Dual Nationality and EU Regulation

Danielle Cohen
By Danielle Cohen Immigration Law Solicitor Linkedin
Danielle Cohen has over 20 years of experience as a lawyer and a reputation for offering professional, honest and expert advice.
20 December 2017

Toufik Lounes v SSHD C165/16.

On 14th November 2017 the Grand Chambers of the Court of Justice published its judgement in the case of Lounes. The Case concerned Garcia Ormazabal, a Spanish national who moved to the UK to study in 1996, and has lived in the UK ever since. In 2009 she became a British citizen by naturalisation and retained her Spanish nationality. In 2014 she married an Algerian national, Mr Lounes, who was living in the UK illegally having overstayed his visitors visa. He applied to the Home Office for a residence card under the EA Regulations 2006 and this application was refused in May 2014 on the grounds that his wife did not meet the definition of an EA national under Regulation 2 of the EA Regulations 2006 because she was now a British citizen.

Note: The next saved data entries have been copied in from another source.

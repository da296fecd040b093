-- ===== src/ServiceConfig.antt =====
-- src/config/service_config.h and src/config/service_config.cpp: the manifest of services. A file is
-- the list of its bytes, or `none` where it cannot be opened; the parser's `cur` is the head of the
-- list read so far, newest first.
pub mod Accepts
pub mod Args
mod Tests
use mathlib.Core.List.{reverse}
use castle_plus.Prelude.{
  ℕ, suc, ◌+◌, ◌≡◌, Bool, true, false, not, ◌&&◌, ◌||◌, List, [], ◌∷◌, ◌++◌, Option, none, some,
  Bytes, codes, ltb, leb, ◌==◌, if◌then◌else◌, equal, is_empty, front, split_last,
}
use castle_plus.Prelude.Decimal.{strtol, decimal}
use castle_plus.Prelude.Int.{ℤ, pos, negsuc, to_int}
use castle_plus.Prelude.Result.{Result, ok, err, ◌>>=◌}
use castle_plus.Ini.{
  Line, skip, malformed_header, empty_name, no_equals, header, pair, trim, lower, lines, classify,
}

pub record ServiceConfig : Type 0 where
  pub name : Bytes
  pub exec : Bytes
  pub args : List Bytes
  pub workdir : Bytes
  pub autorestart : Bool
  pub health_host : Bytes
  pub health_port : ℕ
  pub health_interval_sec : ℤ
  pub backoff_min_sec : ℤ
  pub backoff_max_sec : ℤ

-- `ServiceConfig{}` with a name.
abbrev pub new_service : Bytes → ServiceConfig
new_service name = record {
  name = name;
  exec = [];
  args = [];
  workdir = [];
  autorestart = true;
  health_host = [];
  health_port = 0;
  health_interval_sec = pos 5;
  backoff_min_sec = pos 1;
  backoff_max_sec = pos 30;
}

pub data Reason : Type 0 where
  malformed_section empty_section expected_pair key_outside : Reason
  not_a_bool not_host_port port_range : Reason
  unknown_key : Bytes → Reason

pub data ParseError : Type 0 where
  cannot_open : ParseError
  at_line : ℕ → Reason → ParseError
  missing_exec relative_exec : Bytes → ParseError

-- `parse_bool`: `none` where it returns false.
unfoldable pub parse_bool : Bytes → Option Bool
parse_bool v =
    let s = lower v in
    if equal s (codes "true")
      || (equal s (codes "1") || (equal s (codes "yes") || equal s (codes "on")))
    then some true
    else if equal s (codes "false")
        || (equal s (codes "0") || (equal s (codes "no") || equal s (codes "off")))
    then some false
    else none

-- The variables of the loop of `split_args`.
pub record Split : Type 0 where
  pub out : List Bytes
  pub cur : Bytes
  pub in_quotes : Bool
  pub have : Bool

abbrev pub push_arg : Split → Split
push_arg s = record s { out = s.out ++ (s.cur ∷ []); cur = []; have = false }

-- One round of the loop.
unfoldable pub split_step : Split → ℕ → Split
split_step s c =
    if c == b'"'
    then record s { in_quotes = not s.in_quotes; have = true }
    else if not s.in_quotes && (c == b' ' || c == b'\t')
    then if s.have then push_arg s else s
    else record s { cur = s.cur ++ (c ∷ []); have = true }

unfoldable pub split_loop : Split → Bytes → Split
unfolding split_step
split_loop s [] = s
split_loop s (c ∷ cs) = split_loop (split_step s c) cs

split_finish : Split → List Bytes
split_finish s = if s.have then s.out ++ (s.cur ∷ []) else s.out

unfoldable pub split_args : Bytes → List Bytes
unfolding split_loop split_finish
split_args v =
    split_finish (split_loop (record { out = []; cur = []; in_quotes = false; have = false }) v)

-- `p <= 0 || p > 65535` is refused.
unfoldable pub port_of : ℤ → Option ℕ
port_of (pos p) = if p == 0 || ltb 65535 p then none else some p
port_of (negsuc p) = none

set_autorestart : ServiceConfig → Option Bool → Result Reason ServiceConfig
set_autorestart c none = err not_a_bool
set_autorestart c (some b) = ok (record c { autorestart = b })

set_port : ServiceConfig → Bytes → Option ℕ → Result Reason ServiceConfig
set_port c before none = err port_range
set_port c before (some p) = ok (record c { health_host = trim before; health_port = p })

set_health : ServiceConfig → Option (Bytes × Bytes) → Result Reason ServiceConfig
unfolding set_port port_of
set_health c none = err not_host_port
set_health c (some (before, behind)) = set_port c before (port_of (strtol behind))

-- The keys whose values are numbers.
set_number : ServiceConfig → Bytes → Bytes → Result Reason ServiceConfig
set_number c key val =
    if equal key (codes "health_interval")
    then ok (record c { health_interval_sec = to_int (strtol val) })
    else if equal key (codes "backoff_min")
    then ok (record c { backoff_min_sec = to_int (strtol val) })
    else if equal key (codes "backoff_max")
    then ok (record c { backoff_max_sec = to_int (strtol val) })
    else err (unknown_key key)

unfoldable pub set_key : ServiceConfig → Bytes → Bytes → Result Reason ServiceConfig
unfolding set_autorestart set_health set_number
set_key c key val =
    if equal key (codes "exec")
    then ok (record c { exec = val })
    else if equal key (codes "args")
    then ok (record c { args = split_args val })
    else if equal key (codes "workdir")
    then ok (record c { workdir = val })
    else if equal key (codes "autorestart")
    then set_autorestart c (parse_bool val)
    else if equal key (codes "health_tcp")
    then set_health c (split_last b':' val)
    else set_number c key val

set_current : List ServiceConfig → Bytes → Bytes → Result Reason (List ServiceConfig)
set_current [] key val = err key_outside
set_current (cur ∷ done) key val = do cur' ← set_key cur key val; ok (cur' ∷ done)

-- One round of the loop, with the services read so far.
unfoldable pub read_line : List ServiceConfig → Line → Result Reason (List ServiceConfig)
unfolding set_current
read_line cs skip = ok cs
read_line cs malformed_header = err malformed_section
read_line cs empty_name = err empty_section
read_line cs no_equals = err expected_pair
read_line cs (header name) = ok (new_service name ∷ cs)
read_line cs (pair key val) = set_current cs key val

abbrev pub at {ℓ} : {A : Type ℓ} → ℕ → Result Reason A → Result ParseError A
at lineno (ok a) = ok a
at lineno (err why) = err (at_line lineno why)

unfoldable pub read_lines :
    ℕ → List ServiceConfig → List Bytes → Result ParseError (List ServiceConfig)
read_lines lineno cs [] = ok cs
read_lines lineno cs (l ∷ ls) = do
  cs' ← at (suc lineno) (read_line cs (classify l))
  read_lines (suc lineno) cs' ls

-- The check behind the loop: every service has an absolute path to run.
unfoldable pub check_execs : List ServiceConfig → Result ParseError (List ServiceConfig)
check_execs [] = ok []
check_execs (c ∷ cs) =
    let rest = check_execs cs in
    if is_empty c.exec
    then err (missing_exec c.name)
    else if not (front c.exec == b'/')
    then err (relative_exec c.name)
    else do cs' ← rest; ok (c ∷ cs')

parse_text : Bytes → Result ParseError (List ServiceConfig)
parse_text text = do cs ← read_lines 0 [] (lines text); check_execs (reverse cs)

-- `parse_services_file`, as what it leaves in `out`, or the error.
unfoldable pub parse_services_file : Option Bytes → Result ParseError (List ServiceConfig)
unfolding parse_text
parse_services_file none = err cannot_open
parse_services_file (some text) = parse_text text

-- The message of `fail`.
reason_text : Reason → Bytes
reason_text malformed_section = codes "malformed section header"
reason_text empty_section = codes "empty section name"
reason_text expected_pair = codes "expected 'key = value'"
reason_text key_outside = codes "key outside of any [section]"
reason_text not_a_bool = codes "autorestart must be true/false"
reason_text not_host_port = codes "health_tcp must be host:port"
reason_text port_range = codes "health_tcp port out of range"
reason_text (unknown_key key) = codes "unknown key '" ++ (key ++ codes "'")

-- What `parse_services_file` leaves in `err`.
unfoldable pub error_text : Bytes → ParseError → Bytes
unfolding reason_text
error_text path cannot_open = codes "cannot open services manifest: " ++ path
error_text path (at_line n why) = path ++ (b':' ∷ (decimal n ++ (codes ": " ++ reason_text why)))
error_text path (missing_exec name) = codes "service '" ++ (name ++ codes "' is missing 'exec'")
error_text path (relative_exec name) =
    codes "service '" ++ (name ++ codes "' exec must be an absolute path")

The Court held that an EU citizen who moved to another member state and acquired the nationality of that member state retains family reunion rights under EU law! Directive 2004/38 ceased to apply when the EU citizen acquired nationality of the second member state but Article 21(1) of TFEU provides a derivative right of residence to third country nationality family members of the EU citizen on conditions no stricter than those contained in directive 2004/38.